Using generic metrics as input, our pipeline can simply follow the instructions based on the type field from each generic message and generate different statistics. For example, we generate min, max, average, sum, variance, etc., for numeric values and we generate a distribution count for categorical values. Moreover, the type system is extensible and we can add different custom types.
Simple example DAG
With this approach, we can make the same DAG generate different aggregations by changing the underlying metric definitions.

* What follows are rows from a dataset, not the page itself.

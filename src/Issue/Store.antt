-- ===== src/Issue/Store.antt =====
-- `IssueStore` of src/issue/mod.rs: the tables, the event log, and the operations that create an issue
-- and move it through its states. SQL statements are taken to succeed. `now` and the fresh ids stand for
-- `Utc::now()` and `Uuid::new_v4()`.
use vai.Common.{
  ℕ, Option, none, some, Bool, true, false, not, ◌&&◌, List, [], ◌∷◌, ◌++◌, String, ◌==◌, nat_eq,
  keep, any, length, if◌then◌else◌,
}
use vai.Common.Eq.{string_equality}
use vai.EventLog.{
  EventKind, issue_created, issue_updated, issue_linked_to_workspace, issue_resolved, issue_closed,
}
use vai.Issue.Labels.{join_labels}
use vai.Issue.{
  IssuePriority, IssueStatus, open_status, in_progress, AgentSource, Issue, IssueRow, row_to_issue,
  priority_as_str, status_as_str,
}

pub data IssueError : Type 0 where
  not_found : ℕ → IssueError
  invalid_transition : String → String → IssueError
  rate_limit_exceeded : String → ℕ → ℕ → IssueError

pub data Result (A : Type 0) : Type 0 where
  ok : A → Result A
  err : IssueError → Result A

pub record RateRow : Type 0 where
  pub agent_id : String
  pub hour_bucket : String
  pub count : ℕ

pub record LinkRow : Type 0 where
  pub issue_id : ℕ
  pub workspace_id : ℕ
  pub linked_at : ℕ

-- The tables `issues`, `issue_workspace_links` and `agent_rate_limits`, and the event log.
pub record World : Type 0 where
  pub issues : List IssueRow
  pub links : List LinkRow
  pub rate_limits : List RateRow
  pub event_log : List EventKind

-- `SELECT ... FROM issues WHERE id = ?`.
unfoldable pub find_row : ℕ → List IssueRow → Option IssueRow
find_row id [] = none
find_row id (r ∷ rows) = if nat_eq r.id id then some r else find_row id rows

-- `UPDATE issues SET ... WHERE id = ?`.
unfoldable pub update_rows : ℕ → (IssueRow → IssueRow) → List IssueRow → List IssueRow
update_rows id set [] = []
update_rows id set (r ∷ rows) = (if nat_eq r.id id then set r else r) ∷ update_rows id set rows

abbrev pub read_row : ℕ → Option IssueRow → Result Issue
read_row id none = err (not_found id)
read_row id (some r) = ok (row_to_issue r)

unfoldable pub get : ℕ → World → Result Issue
get id w = read_row id (find_row id w.issues)

abbrev pub append : EventKind → World → World
append event w = record w { event_log = w.event_log ++ event ∷ [] }

abbrev pub set_rows : ℕ → (IssueRow → IssueRow) → World → World
set_rows id set w = record w { issues = update_rows id set w.issues }

-- The row that `create` and `create_by_agent` insert, in the state 'open'.
abbrev pub new_row :
    ℕ → ℕ → String → String → IssuePriority → List String → String → Option AgentSource → IssueRow
new_row id now title description priority labels creator source = record {
  id = id;
  title = title;
  description = description;
  status = "open";
  priority = priority_as_str priority;
  labels = join_labels labels;
  creator = creator;
  resolution = none;
  agent_source = source;
  acceptance_criteria = [];
  created_at = now;
  updated_at = now;
}

abbrev pub new_issue :
    ℕ → ℕ → String → String → IssuePriority → List String → String → Option AgentSource → Issue
new_issue id now title description priority labels creator source = record {
  id = id;
  title = title;
  description = description;
  status = open_status;
  priority = priority;
  labels = labels;
  creator = creator;
  resolution = none;
  agent_source = source;
  acceptance_criteria = [];
  created_at = now;
  updated_at = now;
}

unfoldable pub create :
    ℕ → ℕ → String → String → IssuePriority → List String → String → World → World × Issue
create id now title description priority labels creator w =
    let row = new_row id now title description priority labels creator none in
    let inserted = record w { issues = w.issues ++ row ∷ [] } in
    (
      append (issue_created id title creator (priority_as_str priority)) inserted,
      new_issue id now title description priority labels creator none,
    )

abbrev pub is_open : IssueStatus → Bool
is_open open_status = true
is_open _ = false

abbrev pub is_in_progress : IssueStatus → Bool
is_in_progress in_progress = true
is_in_progress _ = false

abbrev pub refuse : IssueStatus → String → World → World × Result Issue
refuse from to w = (w, err (invalid_transition (status_as_str from) to))

-- `INSERT OR IGNORE INTO issue_workspace_links`.
abbrev pub link : ℕ → ℕ → ℕ → World → World
link id workspace now w =
    if any (λ (l : LinkRow). nat_eq l.issue_id id && nat_eq l.workspace_id workspace) w.links
    then w
    else record w {
      links = w.links ++ record { issue_id = id; workspace_id = workspace; linked_at = now } ∷ [];
    }

-- The statements that an operation runs once its guard has passed.
abbrev pub started : ℕ → ℕ → ℕ → World → World
started id workspace now w =
    let updated = set_rows id (λ r. record r { status = "in_progress"; updated_at = now }) w in
    append (issue_linked_to_workspace id workspace) (link id workspace now updated)

abbrev pub reopened : ℕ → ℕ → World → World
reopened id now w =
    append (issue_updated id ("status" ∷ []))
      (set_rows id (λ r. record r { status = "open"; updated_at = now }) w)

abbrev pub resolved_as : ℕ → Option String → ℕ → World → World
resolved_as id version now w = append (issue_resolved id "resolved" version) (
    set_rows id
      (λ r. record r { status = "resolved"; resolution = some "resolved"; updated_at = now }) w)

abbrev pub closed_as : ℕ → String → ℕ → World → World
closed_as id resolution now w = append (issue_closed id resolution) (
    set_rows id
      (λ r. record r { status = "closed"; resolution = some resolution; updated_at = now }) w)

-- `self.get(id)` after the statements.
abbrev pub read_back : ℕ → World → World × Result Issue
read_back id after = (after, get id after)

unfoldable pub set_in_progress : ℕ → ℕ → ℕ → World → World × Result Issue
set_in_progress id workspace now w = elim (get id w) [
  | err e ↦ (w, err e)
  | ok existing ↦
      if not (is_open existing.status) && not (is_in_progress existing.status)
      then refuse existing.status "in_progress" w
      else read_back id (started id workspace now w)
]

unfoldable pub reopen : ℕ → ℕ → World → World × Result Issue
reopen id now w = elim (get id w) [
  | err e ↦ (w, err e)
  | ok existing ↦
      if not (is_in_progress existing.status)
      then refuse existing.status "open" w
      else read_back id (reopened id now w)
]

unfoldable pub resolve : ℕ → Option String → ℕ → World → World × Result Issue
resolve id version now w = elim (get id w) [
  | err e ↦ (w, err e)
  | ok existing ↦
      if not (is_in_progress existing.status) && not (is_open existing.status)
      then refuse existing.status "resolved" w
      else read_back id (resolved_as id version now w)
]

unfoldable pub close : ℕ → String → ℕ → World → World × Result Issue
close id resolution now w = elim (get id w) [
  | err e ↦ (w, err e)
  | ok existing ↦ read_back id (closed_as id resolution now w)
]

-- `SELECT COUNT(*) FROM issues WHERE status = 'open'`.
unfoldable pub count_open : World → ℕ
count_open w = length (keep (λ (r : IssueRow). r.status == "open") w.issues)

In other words, to generate partial aggregates that support new types of queries, we can push the business logic to the external layer without changing any code and deploying new pipelines.Summary
After a few months of teamwork, we deployed the system to our production environment in the second half of 2016. (See diagram below.) Since then, the system has been running in shadow mode, processing production data smoothly and in accordance with our requirements:- Both stream and batch pipelines live off Kafka message systems, and are decoupled from the main transactional system.
- The streaming Cloud Dataflow pipeline provides lower latency compared to our old system relying on MySQL replication.
- Persistently storing partial aggregates in Cloud Bigtable contributes to low latency when querying time-series data.
- Event-time stamping and unified streaming and batch processing proved to be a huge win. We can just replay for scenarios such as large-grained window aggregation, backfill and failure recover, etc.
- Generic metric definition coupled with simple DAG makes it very easy to augment the aggregation system without code changes.
Next steps
As mentioned earlier, one constant theme of fraud is that the pattern is always evolving. The system we implemented is very flexible for answering ad-hoc queries thanks to a generic metric system. However, to fully leverage that system, we need to be able to generate different metrics easily. One thing we're looking to provide in that area is a framework that accommodates custom logic for converting different events into generic metrics. That custom logic could be for creating new aggregations on which we can build fraud-detection rules, for extracting new features for machine-learning modules, and so on.Also, we want to build better monitoring tools that offer a holistic view of the pipeline. This way, we can easily monitor the overall system and help pinpoint where the performance bottleneck is.
Last but not least, we plan to track new Apache Beam SDK releases so we can get access to the latest community contributions as they become available.